YOUR INSTRUCTIONS ::
Every record is to be restated exactly, with nothing left out.

MATERIAL PROVIDED ::
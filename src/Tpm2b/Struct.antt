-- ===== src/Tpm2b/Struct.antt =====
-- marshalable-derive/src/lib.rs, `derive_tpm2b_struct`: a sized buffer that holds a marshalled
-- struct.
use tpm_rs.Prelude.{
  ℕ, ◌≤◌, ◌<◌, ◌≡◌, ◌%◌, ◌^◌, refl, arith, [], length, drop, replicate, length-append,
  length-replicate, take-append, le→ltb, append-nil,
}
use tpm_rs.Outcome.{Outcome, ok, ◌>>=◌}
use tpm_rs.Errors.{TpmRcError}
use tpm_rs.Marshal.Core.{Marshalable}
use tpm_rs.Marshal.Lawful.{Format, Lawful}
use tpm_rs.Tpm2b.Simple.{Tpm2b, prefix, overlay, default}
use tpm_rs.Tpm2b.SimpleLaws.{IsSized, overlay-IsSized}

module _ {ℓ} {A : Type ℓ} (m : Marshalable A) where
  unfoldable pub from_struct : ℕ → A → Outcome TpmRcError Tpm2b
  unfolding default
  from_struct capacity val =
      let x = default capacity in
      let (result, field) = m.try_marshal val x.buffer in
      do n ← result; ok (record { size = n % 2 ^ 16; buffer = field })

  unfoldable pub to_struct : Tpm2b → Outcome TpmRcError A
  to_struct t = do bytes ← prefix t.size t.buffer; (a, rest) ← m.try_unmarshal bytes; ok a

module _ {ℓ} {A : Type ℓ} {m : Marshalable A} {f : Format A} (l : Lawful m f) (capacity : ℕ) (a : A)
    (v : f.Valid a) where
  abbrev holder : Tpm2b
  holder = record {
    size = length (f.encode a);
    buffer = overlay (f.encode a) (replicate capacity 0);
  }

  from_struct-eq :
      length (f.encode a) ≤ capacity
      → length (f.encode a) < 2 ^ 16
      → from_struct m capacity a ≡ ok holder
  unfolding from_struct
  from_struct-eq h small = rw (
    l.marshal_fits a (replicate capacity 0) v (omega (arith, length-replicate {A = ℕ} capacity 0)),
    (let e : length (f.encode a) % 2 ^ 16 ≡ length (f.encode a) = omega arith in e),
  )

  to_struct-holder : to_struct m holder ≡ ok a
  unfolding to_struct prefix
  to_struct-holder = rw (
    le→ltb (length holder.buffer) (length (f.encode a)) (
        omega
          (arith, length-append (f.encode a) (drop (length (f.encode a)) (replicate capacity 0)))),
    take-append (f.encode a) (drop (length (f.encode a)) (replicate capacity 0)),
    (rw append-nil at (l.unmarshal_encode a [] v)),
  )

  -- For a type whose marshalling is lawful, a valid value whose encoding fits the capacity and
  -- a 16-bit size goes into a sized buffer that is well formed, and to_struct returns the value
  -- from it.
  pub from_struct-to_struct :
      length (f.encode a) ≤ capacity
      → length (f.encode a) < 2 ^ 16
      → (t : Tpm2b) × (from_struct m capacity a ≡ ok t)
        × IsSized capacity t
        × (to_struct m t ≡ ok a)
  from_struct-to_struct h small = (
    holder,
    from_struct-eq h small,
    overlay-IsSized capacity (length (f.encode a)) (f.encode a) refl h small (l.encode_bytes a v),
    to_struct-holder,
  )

YOUR SOLUTION ::
filename src/Tpm2b/Struct.antt
-- ===== src/Tpm2b/Struct.antt =====
-- marshalable-derive/src/lib.rs, `derive_tpm2b_struct`: a sized buffer that holds a marshalled
-- struct.
use tpm_rs.Prelude.{
  ℕ, ◌≤◌, ◌<◌, ◌≡◌, ◌%◌, ◌^◌, refl, arith, [], length, drop, replicate, length-append,
  length-replicate, take-append, le→ltb, append-nil,
}
use tpm_rs.Outcome.{Outcome, ok, ◌>>=◌}
use tpm_rs.Errors.{TpmRcError}
use tpm_rs.Marshal.Core.{Marshalable}
use tpm_rs.Marshal.Lawful.{Format, Lawful}
use tpm_rs.Tpm2b.Simple.{Tpm2b, prefix, overlay, default}
use tpm_rs.Tpm2b.SimpleLaws.{IsSized, overlay-IsSized}

module _ {ℓ} {A : Type ℓ} (m : Marshalable A) where
  unfoldable pub from_struct : ℕ → A → Outcome TpmRcError Tpm2b
  unfolding default
  from_struct capacity val =
      let x = default capacity in
      let (result, field) = m.try_marshal val x.buffer in
      do n ← result; ok (record { size = n % 2 ^ 16; buffer = field })

  unfoldable pub to_struct : Tpm2b → Outcome TpmRcError A
  to_struct t = do bytes ← prefix t.size t.buffer; (a, rest) ← m.try_unmarshal bytes; ok a

module _ {ℓ} {A : Type ℓ} {m : Marshalable A} {f : Format A} (l : Lawful m f) (capacity : ℕ) (a : A)
    (v : f.Valid a) where
  abbrev holder : Tpm2b
  holder = record {
    size = length (f.encode a);
    buffer = overlay (f.encode a) (replicate capacity 0);
  }

  from_struct-eq :
      length (f.encode a) ≤ capacity
      → length (f.encode a) < 2 ^ 16
      → from_struct m capacity a ≡ ok holder
  unfolding from_struct
  from_struct-eq h small = rw (
    l.marshal_fits a (replicate capacity 0) v (omega (arith, length-replicate {A = ℕ} capacity 0)),
    (let e : length (f.encode a) % 2 ^ 16 ≡ length (f.encode a) = omega arith in e),
  )

  to_struct-holder : to_struct m holder ≡ ok a
  unfolding to_struct prefix
  to_struct-holder = rw (
    le→ltb (length holder.buffer) (length (f.encode a)) (
        omega
          (arith, length-append (f.encode a) (drop (length (f.encode a)) (replicate capacity 0)))),
    take-append (f.encode a) (drop (length (f.encode a)) (replicate capacity 0)),
    (rw append-nil at (l.unmarshal_encode a [] v)),
  )

  -- For a type whose marshalling is lawful, a valid value whose encoding fits the capacity and
  -- a 16-bit size goes into a sized buffer that is well formed, and to_struct returns the value
  -- from it.
  pub from_struct-to_struct :
      length (f.encode a) ≤ capacity
      → length (f.encode a) < 2 ^ 16
      → (t : Tpm2b) × (from_struct m capacity a ≡ ok t)
        × IsSized capacity t
        × (to_struct m t ≡ ok a)
  from_struct-to_struct h small = (
    holder,
    from_struct-eq h small,
    overlay-IsSized capacity (length (f.encode a)) (f.encode a) refl h small (l.encode_bytes a v),
    to_struct-holder,
  )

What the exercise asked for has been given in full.